TASK DESCRIPTION
From the entries that follow, pick out all lines holding "IsClean".

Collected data
----------
-- ===== src/Pstring/Compress/Clean.antt =====
-- What `pstring_compress` of src/pstring.c leaves as it is, and that it ends.
use procenv.Prelude.{
  ℕ, zero, suc, ◌+◌, ◌-◌, ◌*◌, ◌<◌, ◌≡◌, refl, ap, some, List, [], ◌∷◌, ◌++◌, map, length,
  length-append, ltb, Bool, false, ◌&&◌, not, ◌==◌, Bool-cases, inl, inr, Text, NoNul, ok, arith,
}
use procenv.Memory.{Cell, written, overwrite}
use procenv.Memory.Laws.{
  overwrite_exact, overwrite-enough, resize-written, written-append, store-written,
  read_text-written,
}
use procenv.Pstring.{sizeof_wchar}
use procenv.Pstring.Chomp.{stored, length-written}
use procenv.Pstring.Compress.{
  starts_with, skip_blanks, skip_run, again, copy_one, compress_loop, shrink, pstring_compress,
}

-- A line that begins here has two or more of `w`, and nothing else.
abbrev pub is_blank_run : ℕ → Text → Bool
is_blank_run w t = starts_with 10 (skip_run w t).0 && not ((skip_run w t).1 == 1)

-- There is no empty line, and no `w` from which on a line has two or more of `w` and nothing else.
abbrev pub IsClean : ℕ → Text → Type 0
IsClean w [] = Unit {0}
IsClean w (c ∷ t) =
    ((c == 10 && starts_with 10 t) ≡ false)
    × (((c == w) && is_blank_run w (c ∷ t)) ≡ false)
    × IsClean w t

skip_blanks-clean :
    (c : ℕ) (t : Text) → (c == 10 && starts_with 10 t) ≡ false → skip_blanks (c ∷ t) ≡ (c ∷ t, 0)
unfolding skip_blanks
skip_blanks-clean c t h = rw h refl

skip_run-other : (w c : ℕ) (t : Text) → (c == w) ≡ false → skip_run w (c ∷ t) ≡ (c ∷ t, 0)
unfolding skip_run
skip_run-other w c t h = rw h refl

again-clean :
    (fuel w c : ℕ) (t : Text) (blanks : ℕ)
    → IsClean w (c ∷ t)
    → again (suc fuel) w (c ∷ t) blanks 0 ≡ ok (c ∷ t, (blanks, 0))
unfolding again
again-clean fuel w c t blanks (hb, hr, h) =
    let none' : blanks + 0 ≡ blanks = omega arith in
    elim (Bool-cases (c == w)) [
      | inl is ↦
          let no_blank : is_blank_run w (c ∷ t) ≡ false = rw is at hr in
          elim (Bool-cases ((skip_run w (c ∷ t)).1 == 0)) [
            | inl z ↦ rw (skip_blanks-clean c t hb, none', z) refl
            | inr z ↦ rw (skip_blanks-clean c t hb, none', z, no_blank) refl
          ]
      | inr other ↦ rw (skip_blanks-clean c t hb, none', skip_run-other w c t other) refl
    ]

loop-clean :
    (w : ℕ) (t : Text) (fuel blanks : ℕ)
    → IsClean w t
    → length t < fuel
    → compress_loop fuel w t blanks 0 ≡ ok (t, (blanks, 0))
unfolding compress_loop copy_one
loop-clean w t zero blanks h le = absurd (omega arith)
loop-clean w [] (suc fuel) blanks h le = refl
loop-clean w (c ∷ t) (suc fuel) blanks h le =
    rw (again-clean (suc (length t)) w c t blanks h, loop-clean w t fuel blanks h.2 (omega arith))
      refl

-- `pstring_compress` returns and leaves a text as it is that has no empty line, and no line of which
-- the end is two or more of the character to remove and nothing else. Conditions: the text holds no
-- nul, and the pstring's length leaves the terminator out.
pub pstring_compress-clean :
    (w size : ℕ) (t : Text)
    → IsClean w t
    → NoNul t
    → pstring_compress w (stored t size) ≡ ok (stored t size)
unfolding pstring_compress shrink
pstring_compress-clean w size t h n =
    rw
      (
        read_text-written t [] n,
        loop-clean w t (suc (length t)) 0 h (omega arith),
        overwrite_exact t (written t (some 0 ∷ [])) (omega (arith, length-written t (some 0 ∷ []))),
      )
      refl

-- A text that is clean behind an empty line at its start.
blank-start :
    (fuel w : ℕ) (v : Text)
    → (10 == w) ≡ false
    → IsClean w (10 ∷ v)
    → again (suc fuel) w (10 ∷ 10 ∷ v) 0 0 ≡ ok (10 ∷ v, (1, 0))
unfolding again skip_blanks
blank-start fuel w v not_w h = rw (h.0, skip_run-other w 10 v not_w) refl

written-map : (t : Text) (cs : List Cell) → written t cs ≡ map some t ++ cs
written-map t cs = refl

length-map-some : (t : Text) → length (map some t) ≡ length t
length-map-some [] = refl
length-map-some (c ∷ t) = ap suc (length-map-some t)

-- The cells behind the loop, cut to the new length, which leaves no room for the terminator.
shrink-one :
    (o : Text) (x w size : ℕ)
    → shrink (stored (w ∷ (o ++ x ∷ [])) size) (written (o ++ x ∷ []) (some 0 ∷ some 0 ∷ [])) 1
      ≡ ok (record {
        buf = some (written o (some 0 ∷ []));
        len = length o + 1;
        size = (length o + 1) * sizeof_wchar;
      })
unfolding shrink
shrink-one o x w size =
    let y = o ++ x ∷ [] in
    let len : length y ≡ length o + 1 = length-append o (x ∷ []) in
    let enough : ltb (suc (length y)) 1 ≡ false = ground arith in
    let cut : suc (length y) - 1 ≡ length y + 0 = omega arith in
    let last : length y + 0 - 1 ≡ length o + 0 = omega arith in
    let all : length y + 0 ≡ length o + 1 = omega arith in
    let cells = resize-written y 0 (some 0 ∷ some 0 ∷ []) in
    let split = written-append o (x ∷ []) [] in
    rw (enough, cut, last, cells, split, store-written o 0 0 (some x ∷ []), all) refl

-- An empty line makes `pstring_compress` lose the last character: of a text with an empty line at its
-- start that has no other line to remove, it keeps neither the empty line nor the last character.
-- Conditions: the character to remove is no newline, the text holds no nul, and the pstring's length
-- leaves the terminator out, as that of the document.
pub pstring_compress-loses :
    (w size : ℕ) (v : Text) (x : ℕ)
    → (10 == w) ≡ false
    → IsClean w (10 ∷ (v ++ x ∷ []))
    → NoNul (v ++ x ∷ [])
    → pstring_compress w (stored (10 ∷ 10 ∷ (v ++ x ∷ [])) size)
      ≡ ok (record {
        buf = some (written (10 ∷ v) (some 0 ∷ []));
        len = length v + 2;
        size = (length v + 2) * sizeof_wchar;
      })
unfolding pstring_compress compress_loop copy_one
pstring_compress-loses w size v x not_w h n =
    let u = v ++ x ∷ [] in
    let t = 10 ∷ 10 ∷ u in
    let reads = read_text-written t [] (omega arith, (omega arith, n)) in
    let len : suc (length v) + 1 ≡ length v + 2 = omega arith in
    let cells : overwrite (written t (some 0 ∷ [])) (10 ∷ u)
        ≡ some (written (10 ∷ u) (some 0 ∷ some 0 ∷ [])) =
      overwrite-enough (10 ∷ u) (map some t) (some 0 ∷ []) (omega (arith, length-map-some u)) in
    rw
      (
        reads,
        blank-start (suc (suc (length u))) w u not_w h,
        loop-clean w u (suc (suc (length u))) 1 h.2 (omega arith),
        cells,
        shrink-one (10 ∷ v) x 10 size,
        len,
      )
      refl
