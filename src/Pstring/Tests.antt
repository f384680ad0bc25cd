-- ===== src/Pstring/Tests.antt =====
-- Runs of `pstring_chomp` and `pstring_compress`.
use procenv.Prelude.{◌≡◌, some, ok, refl, [], ◌∷◌, ◌++◌, Text, arith}
use procenv.Memory.{written}
use procenv.Pstring.{pstring_chomp}
use procenv.Pstring.Compress.{skip_run, pstring_compress}
use procenv.Pstring.Compress.Clean.{pstring_compress-clean, pstring_compress-loses}
use procenv.Pstring.Chomp.{stored, chomped, Chomps, pstring_chomp_lem}

-- "ab", and a newline with indentation behind it.
abbrev blank_end : Text
blank_end = b'\n' ∷ b' ' ∷ b' ' ∷ []

pstring_chomp_example :
    Chomps 32
      (b'a' ∷ [])
      b'b'
      refl
      24
      ((b'a' ∷ []) ++ b'b' ∷ chomped blank_end)
      (pstring_chomp 32 (stored ((b'a' ∷ []) ++ b'b' ∷ blank_end) 24))
pstring_chomp_example =
    pstring_chomp_lem 32 (b'a' ∷ []) b'b' refl 24 blank_end (refl, (refl, (refl, tt)))
      (omega arith, (omega arith, (omega arith, (omega arith, (omega arith, tt)))))

-- "a", a newline and "b".
abbrev tidy : Text
tidy = b'a' ∷ b'\n' ∷ b'b' ∷ []

pstring_compress-clean_example : pstring_compress 32 (stored tidy 16) ≡ ok (stored tidy 16)
unfolding skip_run
pstring_compress-clean_example =
    pstring_compress-clean 32 16 tidy (refl, refl, (refl, refl, (refl, refl, tt)))
      (omega arith, (omega arith, (omega arith, tt)))

-- Two newlines, "a" and a newline: the last newline is lost.
pstring_compress-loses_example :
    pstring_compress 32 (stored (b'\n' ∷ b'\n' ∷ ((b'a' ∷ []) ++ b'\n' ∷ [])) 20)
    ≡ ok (record { buf = some (written (b'\n' ∷ b'a' ∷ []) (some 0 ∷ [])); len = 3; size = 12 })
unfolding skip_run
pstring_compress-loses_example =
    pstring_compress-loses 32 20 (b'a' ∷ []) b'\n' refl (refl, refl, (refl, refl, (refl, refl, tt)))
      (omega arith, (omega arith, tt))
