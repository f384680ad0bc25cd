-- ===== src/StringUtil/Fields.antt =====
-- `split_fields` of src/string-util.c. A string is its bytes before the terminator.
pub mod Splits
use procenv.Prelude.{
  ℕ, zero, suc, Option, List, [], ◌∷◌, length, Bool, true, false, ◌==◌, if◌then◌else◌, Bytes,
  Outcome, ok, halt, endless, assertion,
}
use procenv.Pstring.{then_do}

-- `while (.. *p == delimiter) p++;`
unfoldable pub skip_delimiters : ℕ → Bytes → Bytes
skip_delimiters d [] = []
skip_delimiters d (c ∷ t) = if c == d then skip_delimiters d t else c ∷ t

-- `while (.. *p && *p != delimiter) p++;` splits what is left at `p`.
unfoldable pub take_field : ℕ → Bytes → Bytes × Bytes
take_field d [] = ([], [])
take_field d (c ∷ t) = if c == d then ([], c ∷ t) else (c ∷ (take_field d t).0, (take_field d t).1)

-- `if (! compress) p++;`
abbrev pub field_start : Bool → ℕ → Bytes → Bytes
field_start true c t = c ∷ t
field_start false c t = t

-- The body of the outer loop behind `skip leading prefix`, with what the rounds behind it give.
unfoldable pub split_at : (Bytes → Outcome (List Bytes)) → ℕ → Bool → Bytes → Outcome (List Bytes)
split_at rest d compress [] = ok []
split_at rest d compress (c ∷ t) =
    then_do (rest (take_field d (field_start compress c t)).1)
      λ fields. ok ((take_field d (field_start compress c t)).0 ∷ fields)

-- The outer loop, with the fields it adds to the array.
unfoldable pub split_loop : ℕ → ℕ → Bool → Bytes → Outcome (List Bytes)
split_loop zero d compress t = halt endless
split_loop (suc fuel) d compress t =
    split_at (split_loop fuel d compress) d compress (if compress then skip_delimiters d t else t)

-- The array; the count that is returned is its length.
unfoldable pub split_fields : Bytes → ℕ → Bool → Outcome (List Bytes)
split_fields string delimiter compress =
    if delimiter == 0
    then halt assertion
    else split_loop (suc (suc (length string))) delimiter compress string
----------
ANSWER TO THE EXERCISE
abbrev pub IsClean : ℕ → Text → Type 0
IsClean w [] = Unit {0}
IsClean w (c ∷ t) =
    × IsClean w t
    → IsClean w (c ∷ t)
    → IsClean w t
    → IsClean w t
    → IsClean w (10 ∷ v)
    → IsClean w (10 ∷ (v ++ x ∷ []))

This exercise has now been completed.